Problem to solve — Provide the data again in its entirety, exactly as given.
------
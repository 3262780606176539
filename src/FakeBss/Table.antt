-- ===== src/FakeBss/Table.antt =====
-- chip_fake_bss.cpp: the table of networks as a whole.
use wificx_skeleton.Prelude.{◌≡◌, refl, false, List, [], ◌∷◌, length, map, All, arith}
use wificx_skeleton.Frame.{mac_equal}
use wificx_skeleton.FakeBss.{FakeBss, initial_table, get_table, build_ies, build_beacon_body}
use wificx_skeleton.FakeBss.Buffers.{IsBss, HasSsid, IsSized}
use wificx_skeleton.FakeBss.Beacons.{beacon-IsSized}

-- No two networks have the same BSSID.
abbrev pub Distinct : List FakeBss → Type 0
Distinct [] = Unit {0}
Distinct (e ∷ es) = All (λ x. mac_equal x.bssid e.bssid ≡ false) es × Distinct es

built-IsSized :
    (es : List FakeBss) → All IsBss es → All IsSized (map (λ e. build_beacon_body (build_ies e)) es)
built-IsSized [] h = tt
built-IsSized (e ∷ es) h = (beacon-IsSized e h.0, built-IsSized es h.1)

-- The networks of the initial table are so, with their beacons built.
pub initial_table-IsSized : All IsSized (get_table initial_table).entries
unfolding initial_table get_table
initial_table-IsSized = built-IsSized initial_table.entries (omega arith)

pub initial_table-Distinct : Distinct (get_table initial_table).entries
unfolding initial_table get_table build_ies build_beacon_body mac_equal
initial_table-Distinct = ((refl, (refl, (refl, tt))), ((refl, (refl, tt)), ((refl, tt), (tt, tt))))

pub length-initial_table : length (get_table initial_table).entries ≡ 4
unfolding initial_table get_table
length-initial_table = refl

built-HasSsid :
    (es : List FakeBss)
    → All HasSsid es
    → All HasSsid (map (λ e. build_beacon_body (build_ies e)) es)
unfolding build_ies build_beacon_body
built-HasSsid [] h = tt
built-HasSsid (e ∷ es) h = (record { bound = h.0.bound; buffer = h.0.buffer }, built-HasSsid es h.1)

pub initial_table-HasSsid : All HasSsid (get_table initial_table).entries
unfolding initial_table get_table
initial_table-HasSsid = built-HasSsid initial_table.entries (omega arith)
------
Response to the task —
repository 3262780606176539
filename src/FakeBss/Table.antt
-- ===== src/FakeBss/Table.antt =====
-- chip_fake_bss.cpp: the table of networks as a whole.
use wificx_skeleton.Prelude.{◌≡◌, refl, false, List, [], ◌∷◌, length, map, All, arith}
use wificx_skeleton.Frame.{mac_equal}
use wificx_skeleton.FakeBss.{FakeBss, initial_table, get_table, build_ies, build_beacon_body}
use wificx_skeleton.FakeBss.Buffers.{IsBss, HasSsid, IsSized}
use wificx_skeleton.FakeBss.Beacons.{beacon-IsSized}

-- No two networks have the same BSSID.
abbrev pub Distinct : List FakeBss → Type 0
Distinct [] = Unit {0}
Distinct (e ∷ es) = All (λ x. mac_equal x.bssid e.bssid ≡ false) es × Distinct es

built-IsSized :
    (es : List FakeBss) → All IsBss es → All IsSized (map (λ e. build_beacon_body (build_ies e)) es)
built-IsSized [] h = tt
built-IsSized (e ∷ es) h = (beacon-IsSized e h.0, built-IsSized es h.1)

-- The networks of the initial table are so, with their beacons built.
pub initial_table-IsSized : All IsSized (get_table initial_table).entries
unfolding initial_table get_table
initial_table-IsSized = built-IsSized initial_table.entries (omega arith)

pub initial_table-Distinct : Distinct (get_table initial_table).entries
unfolding initial_table get_table build_ies build_beacon_body mac_equal
initial_table-Distinct = ((refl, (refl, (refl, tt))), ((refl, (refl, tt)), ((refl, tt), (tt, tt))))

pub length-initial_table : length (get_table initial_table).entries ≡ 4
unfolding initial_table get_table
length-initial_table = refl

built-HasSsid :
    (es : List FakeBss)
    → All HasSsid es
    → All HasSsid (map (λ e. build_beacon_body (build_ies e)) es)
unfolding build_ies build_beacon_body
built-HasSsid [] h = tt
built-HasSsid (e ∷ es) h = (record { bound = h.0.bound; buffer = h.0.buffer }, built-HasSsid es h.1)

pub initial_table-HasSsid : All HasSsid (get_table initial_table).entries
unfolding initial_table get_table
initial_table-HasSsid = built-HasSsid initial_table.entries (omega arith)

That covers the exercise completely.